The course of the mandibular canal axial and sagittal views was studied in CBCT images. The mandibular canal followed 3 different patterns: a straight projection, a catenary-like configuration and progressive descent. In our study, only a small percentage (10.64%) had the mandibular canal fitting the classic description of straight projection. This group is less favorable for implant placement posterior to premolars. The most common pattern found in our study group was the catenary-like canal (61.17%). This pattern provides more space for implant placement, especially in the first molar region compared with the premolar region. This was followed by the progressive descent (28.19%). The findings of this study are nearly in agreement with the results of Ozturk et al., (2012) [13] on adult dry skulls who recorded (51.1%) catenary-like, (36.7%) progressive descent and (12.2%) straight projection and very similar to a recent report on panaromic radiographs by Liu et al., (2009) [18].

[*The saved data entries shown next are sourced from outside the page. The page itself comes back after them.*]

-- ===== src/Boot/Discover/Kernels.antt =====
-- The kernels of a boot environment (boot/src/discover.rs, `enumerate_kernels`). The directory, which
-- files exist and the target of the link `vmlinuz` are parameters.
pub mod Names
pub mod Listing
use zboot.Base.{
  ℕ, Bool, true, false, not, ◌&&◌, Option, none, some, List, [], ◌∷◌, ◌++◌, map, Str, ◌==◌, str_eq,
  any, filter, ltb, sort_by, if◌then◌else◌,
}
use zboot.Text.{codes, starts_with, ends_with, strip_prefix}
use zboot.Core.Types.Atomic.{str_leb}
use zboot.Boot.Discover.{KernelEntry}

-- The extensions of what a package manager leaves behind.
abbrev pub bad_exts : List Str
bad_exts = codes ".sig" ∷ codes ".bak" ∷ codes ".dpkg-old" ∷ codes ".dpkg-new" ∷ []

unfoldable pub is_kernel : Str → Bool
unfolding starts_with ends_with any
is_kernel s = starts_with s (codes "vmlinuz") && not (any (ends_with s) bad_exts)

-- The group of a file, and the text that sorts it there, backwards.
unfoldable pub kernel_sort_key : Str → ℕ × Str
unfolding strip_prefix
kernel_sort_key filename =
    if filename == codes "vmlinuz"
    then (0, [])
    else if filename == codes "vmlinuz.old"
    then (1, [])
    else elim (strip_prefix (codes "vmlinuz-") filename) [
      | some suffix ↦ (2, suffix)
      | none ↦ (3, filename)
    ]

-- The order of keys `(u8, Reverse<String>)`.
abbrev pub key_leb : ℕ × Str → ℕ × Str → Bool
key_leb a b = if ltb a.0 b.0 then true else if ltb b.0 a.0 then false else str_leb b.1 a.1

unfoldable pub kernel_leb : Str → Str → Bool
unfolding kernel_sort_key str_leb
kernel_leb a b = key_leb (kernel_sort_key a) (kernel_sort_key b)

-- The name of the initrd that belongs to a kernel.
unfoldable pub initrd_name : Str → Option Str
unfolding strip_prefix
initrd_name vmlinuz =
    if vmlinuz == codes "vmlinuz"
    then some (codes "initrd.img")
    else if vmlinuz == codes "vmlinuz.old"
    then some (codes "initrd.img.old")
    else elim (strip_prefix (codes "vmlinuz-") vmlinuz) [
      | some suffix ↦ some (codes "initrd.img-" ++ suffix)
      | none ↦ none
    ]

module _ (there : Str → Bool) where
  unfoldable pub pair_initrd : Str → Option Str
  unfolding initrd_name
  pair_initrd vmlinuz = elim (initrd_name vmlinuz) [
    | none ↦ none
    | some candidate ↦ if there candidate then some candidate else none
  ]

  abbrev pub is_default : Option Str → Str → Bool
  is_default none vmlinuz = vmlinuz == codes "vmlinuz"
  is_default (some target) vmlinuz = vmlinuz == target

  unfoldable pub kernel_entry : Option Str → Str → KernelEntry
  unfolding pair_initrd
  kernel_entry link vmlinuz = record {
    vmlinuz = vmlinuz;
    initrd = pair_initrd vmlinuz;
    default = is_default link vmlinuz;
  }

  unfoldable pub enumerate_kernels : Option (List Str) → Option Str → List KernelEntry
  unfolding is_kernel kernel_leb sort_by kernel_entry filter
  enumerate_kernels none link = []
  enumerate_kernels (some names) link =
      map (kernel_entry link) (sort_by kernel_leb (filter is_kernel names))
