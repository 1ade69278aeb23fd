-- ===== src/Core/Types/Atomic/Grouping.antt =====
-- What the atomic sets of a list of snapshots hold (core/src/types.rs, `AtomicSet::from_snapshots`).
use zboot.Base.{
  ◌≡◌, refl, ap, ap₂, sym, ◌∙◌, Bool, true, false, Option, none, some, List, [], ◌∷◌, ◌++◌, map,
  append_assoc, append-nil, Str, ◌==◌, str_eq, str_beq_iff, option_beq, arith, find, filter,
  is_some, Bool-cases, Option-cases, inl, inr, if◌then◌else◌,
}
use zboot.Core.Types.{Snapshot, snapshot_as_ref}
use zboot.Core.Types.Atomic.{
  AtomicSet, push_member, empty_set, enter, group, str_leb, insert_set, sort_sets, from_snapshots,
}

abbrev pub is_uuid : Str → AtomicSet → Bool
is_uuid u s = s.uuid == u

-- The snapshots of one set.
abbrev pub in_set : Str → Snapshot → Bool
in_set u snap = option_beq snap.set (some u)

-- The first creator that is known.
abbrev pub first_creator : List Snapshot → Option Str
first_creator [] = none
first_creator (snap ∷ snaps) =
    let rest = first_creator snaps in if is_some snap.created_by then snap.created_by else rest

-- The set that the snapshots of a UUID make; none if there are none.
abbrev pub gathered : Str → List Snapshot → Option AtomicSet
gathered u [] = none
gathered u (snap ∷ snaps) = some (record {
  uuid = u;
  members = map snapshot_as_ref (snap ∷ snaps);
  created_by = first_creator (snap ∷ snaps);
})

-- The entry with the members of more snapshots.
abbrev more : Option AtomicSet → Str → List Snapshot → Option AtomicSet
more none u snaps = gathered u snaps
more (some s) u snaps = some (record {
  uuid = s.uuid;
  members = s.members ++ map snapshot_as_ref snaps;
  created_by = if is_some s.created_by then s.created_by else first_creator snaps;
})

abbrev extended : Str → Snapshot → Option AtomicSet → AtomicSet
extended u snap none = push_member snap (empty_set u snap)
extended u snap (some s) = push_member snap s

find-enter :
    (u uuid : Str) (snap : Snapshot) (sets : List AtomicSet)
    → find (is_uuid u) (enter uuid snap sets) ≡ (
        if uuid == u
        then some (extended uuid snap (find (is_uuid u) sets))
        else find (is_uuid u) sets)
unfolding enter find push_member
find-enter u uuid snap [] = elim (Bool-cases (uuid == u)) [ inl e ↦ rw e | inr e ↦ rw e ]
find-enter u uuid snap (s ∷ sets) = ground (
  arith,
  find-enter u uuid snap sets,
  str_beq_iff s.uuid uuid,
  str_beq_iff s.uuid u,
  str_beq_iff uuid u,
)

str_leb_refl : (s : Str) → str_leb s s ≡ true
unfolding str_leb
str_leb_refl [] = refl
str_leb_refl (a ∷ s) = ground (arith, str_leb_refl s)

find-insert_set :
    (u : Str) (s : AtomicSet) (sets : List AtomicSet)
    → find (is_uuid u) (insert_set s sets) ≡ find (is_uuid u) (s ∷ sets)
unfolding insert_set find
find-insert_set u s [] = refl
find-insert_set u s (x ∷ sets) = ground (
  arith,
  find-insert_set u s sets,
  str_leb_refl s.uuid,
  str_beq_iff s.uuid u,
  str_beq_iff x.uuid u,
)

creator_again :
    (a b c : Option Str)
    → (if is_some (if is_some a then a else b) then (if is_some a then a else b) else c)
      ≡ (if is_some a then a else if is_some b then b else c)
creator_again none none c = refl
creator_again none (some b) c = refl
creator_again (some a) b c = refl

more-extended :
    (o : Option AtomicSet) (u : Str) (snap : Snapshot) (mine : List Snapshot)
    → more (some (extended u snap o)) u mine ≡ more o u (snap ∷ mine)
unfolding push_member
more-extended none u snap mine =
    ap
      (λ c. some (record { uuid = u; members = map snapshot_as_ref (snap ∷ mine); created_by = c }))
      (creator_again snap.created_by snap.created_by (first_creator mine)
        ∙ same snap.created_by (first_creator mine))
  where
    same :
        (a c : Option Str)
        → (if is_some a then a else if is_some a then a else c) ≡ (if is_some a then a else c)
    same none c = refl
    same (some a) c = refl
more-extended (some s) u snap mine =
    ap₂ (λ m c. some (record { uuid = s.uuid; members = m; created_by = c }))
      (append_assoc s.members (snapshot_as_ref snap ∷ []) (map snapshot_as_ref mine))
      (creator_again s.created_by snap.created_by (first_creator mine))

more-nil : (o : Option AtomicSet) (u : Str) → more o u [] ≡ o
more-nil none u = refl
more-nil (some s) u =
    ap₂ (λ m c. some (record { uuid = s.uuid; members = m; created_by = c })) (append-nil s.members)
      (kept s.created_by)
  where
    kept : (a : Option Str) → (if is_some a then a else none) ≡ a
    kept none = refl
    kept (some a) = refl

group-step :
    (sets : List AtomicSet) (snap : Snapshot) (snaps : List Snapshot) {o : Option Str}
    → snap.set ≡ o
    → group sets (snap ∷ snaps)
      ≡ (elim o [ none ↦ group sets snaps | some uuid ↦ group (enter uuid snap sets) snaps ])
unfolding group
group-step sets snap snaps e =
    ap
      (λ (o : Option Str). elim o [
        | none ↦ group sets snaps
        | some uuid ↦ group (enter uuid snap sets) snaps
      ])
      e

filter-step :
    (u : Str) (snap : Snapshot) (snaps : List Snapshot) {o : Option Str}
    → snap.set ≡ o
    → filter (in_set u) (snap ∷ snaps)
      ≡ (if option_beq o (some u) then snap ∷ filter (in_set u) snaps else filter (in_set u) snaps)
unfolding filter
filter-step u snap snaps e =
    ap
      (λ (o : Option Str).
        if option_beq o (some u) then snap ∷ filter (in_set u) snaps else filter (in_set u) snaps)
      e

find-group :
    (u : Str) (sets : List AtomicSet) (snaps : List Snapshot)
    → find (is_uuid u) (group sets snaps) ≡ more (find (is_uuid u) sets) u (filter (in_set u) snaps)
find-group u sets [] = unfold group filter in sym (more-nil (find (is_uuid u) sets) u)
find-group u sets (snap ∷ snaps) = elim (Option-cases snap.set) [
  | inl e ↦
      ap (find (is_uuid u)) (group-step sets snap snaps e)
      ∙ find-group u sets snaps
      ∙ ap (more (find (is_uuid u) sets) u) (sym (filter-step u snap snaps e))
  | inr (uuid, e) ↦
      ap (find (is_uuid u)) (group-step sets snap snaps e)
      ∙ find-group u (enter uuid snap sets) snaps
      ∙ ap (λ o. more o u (filter (in_set u) snaps)) (find-enter u uuid snap sets)
      ∙ entered uuid
      ∙ ap (more (find (is_uuid u) sets) u) (sym (filter-step u snap snaps e))
]
  where
    entered :
        (uuid : Str)
        → more
            (if uuid == u
              then some (extended uuid snap (find (is_uuid u) sets))
              else find (is_uuid u) sets)
            u
            (filter (in_set u) snaps)
          ≡ more
              (find (is_uuid u) sets)
              u
              (if uuid == u then snap ∷ filter (in_set u) snaps else filter (in_set u) snaps)
    entered uuid = elim (Bool-cases (uuid == u)) [
      | inl same ↦
          rw (same, (str_beq_iff uuid u).0 same)
            (more-extended (find (is_uuid u) sets) u snap (filter (in_set u) snaps))
      | inr other ↦ rw other refl
    ]

find-sort_sets :
    (u : Str) (sets : List AtomicSet) → find (is_uuid u) (sort_sets sets) ≡ find (is_uuid u) sets
unfolding sort_sets find
find-sort_sets u [] = refl
find-sort_sets u (s ∷ sets) =
    find-insert_set u s (sort_sets sets) ∙ unfold find in rw (find-sort_sets u sets) refl

-- The set of a UUID has the references of exactly the snapshots with this UUID, in their order, and the
-- first creator that one of them names; there is no set of a UUID that no snapshot has.
pub from_snapshots_lem :
    (u : Str) (snaps : List Snapshot)
    → find (is_uuid u) (from_snapshots snaps) ≡ gathered u (filter (in_set u) snaps)
unfolding from_snapshots
from_snapshots_lem u snaps =
    find-sort_sets u (group [] snaps) ∙ find-group u [] snaps ∙ unfold find in refl

-- The sets stand in the order of their UUIDs.
abbrev pub Sorted : List AtomicSet → Type 0
Sorted [] = Unit
Sorted (s ∷ []) = Unit
Sorted (s ∷ x ∷ sets) = (str_leb s.uuid x.uuid ≡ true) × Sorted (x ∷ sets)

pub str_leb_total : (s t : Str) → str_leb s t ≡ false → str_leb t s ≡ true
unfolding str_leb
str_leb_total [] t h = absurd (ground (arith, h))
str_leb_total (a ∷ s) [] h = refl
str_leb_total (a ∷ s) (b ∷ t) h = ground (arith, h, str_leb_total s t)

behind :
    (x s : AtomicSet) (sets : List AtomicSet)
    → str_leb s.uuid x.uuid ≡ false
    → Sorted (x ∷ sets)
    → Sorted (insert_set s sets)
    → Sorted (x ∷ insert_set s sets)
unfolding insert_set
behind x s [] h sorted below = (str_leb_total s.uuid x.uuid h, tt)
behind x s (y ∷ sets) h sorted below = elim (Bool-cases (str_leb s.uuid y.uuid)) [
  | inl e ↦ rw (e, insert_set) (str_leb_total s.uuid x.uuid h, (e, sorted.1))
  | inr e ↦ rw (e, insert_set) (sorted.0, rw (e, insert_set) at below)
]

insert_set-Sorted :
    (s : AtomicSet) (sets : List AtomicSet) → Sorted sets → Sorted (insert_set s sets)
unfolding insert_set
insert_set-Sorted s [] h = tt
insert_set-Sorted s (x ∷ sets) h = elim (Bool-cases (str_leb s.uuid x.uuid)) [
  | inl e ↦ rw (e, insert_set) (e, h)
  | inr e ↦ rw (e, insert_set) (behind x s sets e h (insert_set-Sorted s sets (rest x sets h)))
]
  where
    rest : (x : AtomicSet) (sets : List AtomicSet) → Sorted (x ∷ sets) → Sorted sets
    rest x [] h = tt
    rest x (y ∷ sets) h = h.1

sort_sets-Sorted : (sets : List AtomicSet) → Sorted (sort_sets sets)
unfolding sort_sets
sort_sets-Sorted [] = tt
sort_sets-Sorted (s ∷ sets) = insert_set-Sorted s (sort_sets sets) (sort_sets-Sorted sets)

-- The sets come in the order of their UUIDs.
pub from_snapshots-Sorted : (snaps : List Snapshot) → Sorted (from_snapshots snaps)
unfolding from_snapshots
from_snapshots-Sorted snaps = sort_sets-Sorted (group [] snaps)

It was showed that, as the MC runs from the mandibular foramen obliquely not only in downward and forward direction, but also in the buccolingual dimension, it become more buccally within the body of the mandible as it emerges at the mental foramen i.e. in the molar area, the mandibular canal was either in contact with the lingual cortex or ran very close to the lingual cortex while in the premolar area, the mental nerve usually makes a sharp turn from lingual to buccal and exits through the mental foramen. Similar courses have been recorded by several other investigators [13, 19-21]. The buccolingual course of the MC becomes more important in cases of deficiency of the vertical dimension of the alveolar ridge. Kim et al., (2009) [21] suggested that implants may be placed buccal to the mandibular canal with minor adjustment of angulation when itscourse runs close to the lingual cortex.

As the distance from the MC to the superior border of the mandible is very important in adequate implant length selection, it has less significance and was greater variability (range 21.23- 12.30mm) may be due to bone resorption. Therefore, the inferior border of the body of the mandible seems to be a more predictable reference. In the vertical dimension, on average, the mandibular canal ran almost 1 cm above the inferior border of the body of the mandible in the molar region. Our results are in agreement with 2 cadaveric studies where the inferior alveolar nerve was found to be situated ~1 cm above the mandibular inferior border [22, 23].

The mean distances between the upper border of the mental foramen and the inferior border of the mandible was 15.72 mm. This is in accordance with earlier study reporting 14.7and 14.61 mm [24]. The 1 mm difference may result from different reference points at MF.

The present study reported a strong correlation between the vertical position of the mental foramen from the inferior border of mandible and vertical length of the mandible at the premolar region; the higher the vertical length, the higher the location of the mental foramen.